In “Fresh Prince,” Avery played Philip Banks, the uncle of Smith’s character. Banks is a successful lawyer with whom his nephew is sent to live because of crime in his native Philadelphia neighborhood.

During the show’s first year, The Washington Post’s Donna Britt wrote that the cast of “Fresh Prince” managed a genuine portrayal of African-American experience:

In his music and in the flesh, Smith’s buoyant, seemingly effortless niceness--plus his lack of the rage that makes other rappers and their music so threatening--make him the perfect TV rap object. Television execs must have seen Smith as a godsend--the ideal guy to bring a whiff of rap to TV without offending anybody.

Not surprisingly, the resulting show isn’t entirely fresh. Its story--about a Philadelphia street kid who is sent to live with his rich uncle’s family in Ronald Reagan’s stomping grounds--is reminiscent of the poor-black-kid-gets-rich-digs tradition set by “Diff’rent Strokes.”

But in its pilot, at least, the clever “Fresh” offers moments of authenticity absent from many sitcoms purporting to portray African American life. Like when the stiff, rich uncle--who initially seems to be TV’s classic wannabe-white guy-reveals his revolutionary roots. Certain standard-but-false TV “blackisms”--calling folks “sucker” or “jive turkey,” constantly giving the high-five or the angry black female head-bob--are entirely absent.

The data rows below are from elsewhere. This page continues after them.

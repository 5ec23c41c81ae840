-- ===== src/Tests/Scanning.antt =====
-- A run of SearchSpaces.Scan with one worker and two spaces.
use ddrop.Base.{ℕ, ◌≡◌, refl, true, false, some, [], ◌∷◌}
use ddrop.Base.Int.{pos, ◌+ℤ◌}
use ddrop.Float.{whole_float}
use ddrop.Knnc.SearchSpace
use ddrop.Knnc.SearchSpace.{SearchSpace}
use ddrop.Knnc.SearchSpaces
use ddrop.Knnc.Workers.{stage_ok, worker_ok}
use ddrop.Knnc.SearchSpaces.{SearchSpaces, SpacesScanArgs, inherited}
use ddrop.Knnc.SearchSpaces.Scanning.{
  Surroundings, Place, scan_start, scan_spaces, Producer, ScanStep, ScanRun,
}
use ddrop.Knnc.SearchSpaces.Scanning.Limits.{WithinLimits, ScanRun-WithinLimits}

abbrev space : ℕ → SearchSpace ℕ
space n = record { vec_dim = 1; capacity = 2; items = n ∷ [] }

abbrev pub spaces : SearchSpaces ℕ
spaces = record {
  spaces = space 3 ∷ (space 4 ∷ []);
  capacity = 2;
  max_cap = pos 2;
  uniform_dim = 1;
  maintenance_interval = pos 1;
  maintenance_active = true;
}

abbrev scan_args : SpacesScanArgs ℕ
scan_args = record {
  extent = 1;
  stage = record {
    n_workers = pos 1;
    worker = record { buf = pos 0; cancel_made = true; ttl = pos 9 };
  };
}

abbrev two_started : Producer ℕ
two_started = record {
  place = Place.started (space 4);
  pending = [];
  passed_on = space 3 ∷ [];
  ticker = record { added = 2; taken_off = 1 };
  running = 2;
}

-- A receiver that takes every channel, and scanners that go on.
abbrev eager_reader : Surroundings ℕ
eager_reader = record { takes = λ p. true; signalled = λ p. false; scanner_leaves = λ p. false }

-- With one worker, two scanners run: the second starts while the ticker is at 1.
two_run : ScanRun eager_reader (pos 1) (scan_start spaces) two_started
unfolding scan_start ◌+ℤ◌
two_run =
    ScanRun.goes_on
      (ScanRun.goes_on
        (ScanRun.goes_on
          (ScanRun.goes_on ScanRun.begins (ScanStep.starts (space 3) (space 4 ∷ []) refl refl refl))
          (ScanStep.counts (space 3) refl))
        (ScanStep.passes_on (space 3) refl refl))
      (ScanStep.starts (space 4) [] refl refl refl)

starts_spaces : scan_spaces spaces scan_args ≡ some (scan_start spaces)
unfolding scan_spaces SearchSpaces.scan_ok SearchSpace.scan_ok inherited stage_ok worker_ok
starts_spaces = refl

ScanRun-WithinLimits_example : WithinLimits 1 spaces.spaces two_started
ScanRun-WithinLimits_example =
    ScanRun-WithinLimits spaces scan_args eager_reader (scan_start spaces) two_started 1
      starts_spaces refl two_run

Avery also appeared in “Grey’s Anatomy,” “NYPD Blue,” “Dallas,” and “That ’70s Show,” as well as in many films. He was also a prolific voice actor and read Shredder’s lines in “Teenage Mutant Ninja Turtles.”

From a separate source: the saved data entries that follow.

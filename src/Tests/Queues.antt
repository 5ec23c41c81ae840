-- ===== src/Tests/Queues.antt =====
-- Runs of the faucet of a pipeline and of the queue, and the fates of a request.
use ddrop.Base.{
  ℕ, ◌+◌, ◌≡◌, refl, not, ◌||◌, ◌&&◌, true, false, some, List, [], ◌∷◌, Perm, if◌then◌else◌,
}
use ddrop.Base.Int.{pos, sub_ℕ, ltb_ℤ}
use ddrop.Float.{whole_float}
use ddrop.Timex.{LatencyTracker}
use ddrop.Knnc.Items.{ScoreItem}
use ddrop.Knnc.SearchSpaces.{SearchSpaces}
use ddrop.Knnc.Pipeline.{Faucet, new_faucet, FeedStep, FeedRun}
use ddrop.Knnc.Pipeline.Feeding.{IsFed, FeedRun-IsFed}
use ddrop.Requestman.Query.{method_ok, args_ok, empty_result, consume_batches}
use ddrop.Requestman.Query.Consume.{KnnRequest, Consumed, new_knn_request, consume}
use ddrop.Requestman.Query.Consume.Success.{in_time, pipeline_in_time, consume_lem}
use ddrop.Requestman.Queue.{
  QueueItem, closes, blocks, process_queued, Spot, Processing, new_processing, QueueStep, QueueRun,
}
use ddrop.Requestman.Queue.Closing.{process_queued-closes}
use ddrop.Requestman.Queue.Limits.{IsLimited, QueueRun-IsLimited, QueueRun-returned}
use ddrop.Knnc.SearchSpaces.Scanning.{Producer, scan_start}
use ddrop.Tests.Requests.{request}
use ddrop.Tests.Scanning.{spaces}
use ddrop.Tests.Stages.{scored, score_by_value}

abbrev fed : Faucet ℕ
fed = record {
  closed_signal = true;
  closing = false;
  input_closed = true;
  admitted = [];
  scanners = [];
  abandoned = [];
  input = 5 ∷ [];
  panicked = false;
  scan_tick = record { added = 1; taken_off = 1 };
  accepted = (5 ∷ []) ∷ [];
}

fed_run : FeedRun true new_faucet fed
fed_run =
    FeedRun.goes_on
      (FeedRun.goes_on
        (FeedRun.goes_on
          (FeedRun.goes_on
            (FeedRun.goes_on (FeedRun.goes_on FeedRun.begins (FeedStep.admits (5 ∷ []) refl))
              (FeedStep.registers [] (5 ∷ []) [] refl))
            (FeedStep.sends [] 5 [] [] refl refl))
          (FeedStep.finishes [] [] refl))
        (FeedStep.signals_close refl refl))
      (FeedStep.closes refl refl)

FeedRun-IsFed_example : IsFed fed × Perm {A = ℕ} (5 ∷ []) (5 ∷ [])
FeedRun-IsFed_example = FeedRun-IsFed fed fed_run

-- With more than one caller, a scanner that passed the test before the close sends behind it.
abbrev burst : Faucet ℕ
burst = record fed {
  scanners = (5 ∷ []) ∷ [];
  input = [];
  panicked = true;
  scan_tick = record { added = 1; taken_off = 0 };
}

burst_run : FeedRun false new_faucet burst
burst_run =
    FeedRun.goes_on
      (FeedRun.goes_on
        (FeedRun.goes_on
          (FeedRun.goes_on (FeedRun.goes_on FeedRun.begins (FeedStep.admits (5 ∷ []) refl))
            (FeedStep.signals_close refl refl))
          (FeedStep.closes refl refl))
        (FeedStep.registers [] (5 ∷ []) [] refl))
      (FeedStep.panics [] 5 [] [] refl refl)

abbrev processed : Processing ℕ
processed = record {
  spot = Spot.returned;
  queue = 8 ∷ [];
  spawned = [];
  running = [];
  finished = 7 ∷ [];
  ticker = record { added = 1; taken_off = 1 };
}

queue_run : QueueRun true (pos 1) (new_processing (7 ∷ (8 ∷ []))) processed
queue_run =
    QueueRun.goes_on
      (QueueRun.goes_on
        (QueueRun.goes_on
          (QueueRun.goes_on
            (QueueRun.goes_on
              (QueueRun.goes_on QueueRun.begins (QueueStep.receives 7 (8 ∷ []) refl refl))
              (QueueStep.launches 7 refl refl))
            (QueueStep.registers [] 7 [] refl))
          (QueueStep.shuts_down refl refl))
        (QueueStep.ends [] 7 [] refl))
      (QueueStep.stops refl refl)

QueueRun-IsLimited_example : IsLimited 1 processed
QueueRun-IsLimited_example = QueueRun-IsLimited 1 (7 ∷ (8 ∷ [])) processed queue_run

QueueRun-returned_example : Perm {A = ℕ} (7 ∷ (8 ∷ [])) (7 ∷ (8 ∷ []))
QueueRun-returned_example = QueueRun-returned 1 (7 ∷ (8 ∷ [])) processed queue_run refl

-- As the code stands, with a limit of one, two requests are processed at a time.
abbrev crowded : Processing ℕ
crowded = record {
  spot = Spot.launched;
  queue = [];
  spawned = [];
  running = 8 ∷ (7 ∷ []);
  finished = [];
  ticker = record { added = 2; taken_off = 0 };
}

crowded_run : QueueRun false (pos 1) (new_processing (7 ∷ (8 ∷ []))) crowded
crowded_run =
    QueueRun.goes_on
      (QueueRun.goes_on
        (QueueRun.goes_on
          (QueueRun.goes_on
            (QueueRun.goes_on
              (QueueRun.goes_on
                (QueueRun.goes_on QueueRun.begins (QueueStep.receives 7 (8 ∷ []) refl refl))
                (QueueStep.launches 7 refl refl))
              (QueueStep.continues refl refl))
            (QueueStep.receives 8 [] refl refl))
          (QueueStep.launches 8 refl refl))
        (QueueStep.registers (8 ∷ []) 7 [] refl))
      (QueueStep.registers [] 8 [] refl)

valid : args_ok request ≡ true
unfolding args_ok method_ok
valid = refl

abbrev batches : List (List (ScoreItem ℕ ℕ))
batches = (scored ∷ []) ∷ []

-- The pipeline delivers them where a scan has spaces to start with.
abbrev delivered : Producer ℕ → List (List (ScoreItem ℕ ℕ))
delivered p = elim p.pending [ [] ↦ [] | s ∷ l ↦ batches ]

consume_lem_example :
    let out =
      consume score_by_value
        (new_knn_request request 4)
        (λ k. k)
        spaces
        (λ k. false)
        delivered
        true in
    let answer = consume_batches request (empty_result request) (delivered (scan_start spaces)) in
    let made = in_time request 0 && pipeline_in_time request (λ k. k) in
    (out.returned ≡ (if made then some true else some false))
    × (out.pipe_closes ≡ (if made && false then 0 else 1))
    × (out.sent ≡ (if made && true then answer.0 ∷ [] else []))
    × (out.cancels ≡ in_time request 0 && (not (pipeline_in_time request (λ k. k)) || not answer.1))
consume_lem_example = consume_lem score_by_value request 4 (λ k. k) spaces delivered true valid refl

abbrev tracker : LatencyTracker
tracker = record {
  chain = [];
  cfg = record { max_chain_link_n = pos 2; min_chain_link_size = pos 10; standard_period = pos 20 };
}

abbrev queued : QueueItem ℕ ℕ
queued = record {
  latency = some tracker;
  search_spaces = some spaces;
  request = new_knn_request request 4;
}

process_queued-closes_example :
    let run : KnnRequest ℕ → SearchSpaces ℕ → Consumed ℕ ℕ =
      λ r ss. consume score_by_value r (λ k. k) ss (λ k. false) delivered true in
    let fate = (process_queued run tracker queued false (λ k. 20 + k)).0.0 in
    (closes fate ≡ (
      if ltb_ℤ queued.request.args.ttl (sub_ℕ 20 queued.request.created)
      then 0
      else if blocks fate
      then 0
      else 1))
    × ((blocks fate && true) ≡ false)
process_queued-closes_example =
    process_queued-closes score_by_value (λ k. k) (λ k. false) delivered true tracker queued false
      (λ k. 20 + k)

Avery was born in Virginia and raised in Atlantic City, and served in the Navy during the Vietnam War. He is survived by his mother, Florence J. Avery, and his wife, Barbara.

Max Ehrenfreund writes for Wonkblog and compiles Wonkbook, a daily policy newsletter. You can subscribe here. Before joining The Washington Post, Ehrenfreund wrote for the Washington Monthly and The Sacramento Bee.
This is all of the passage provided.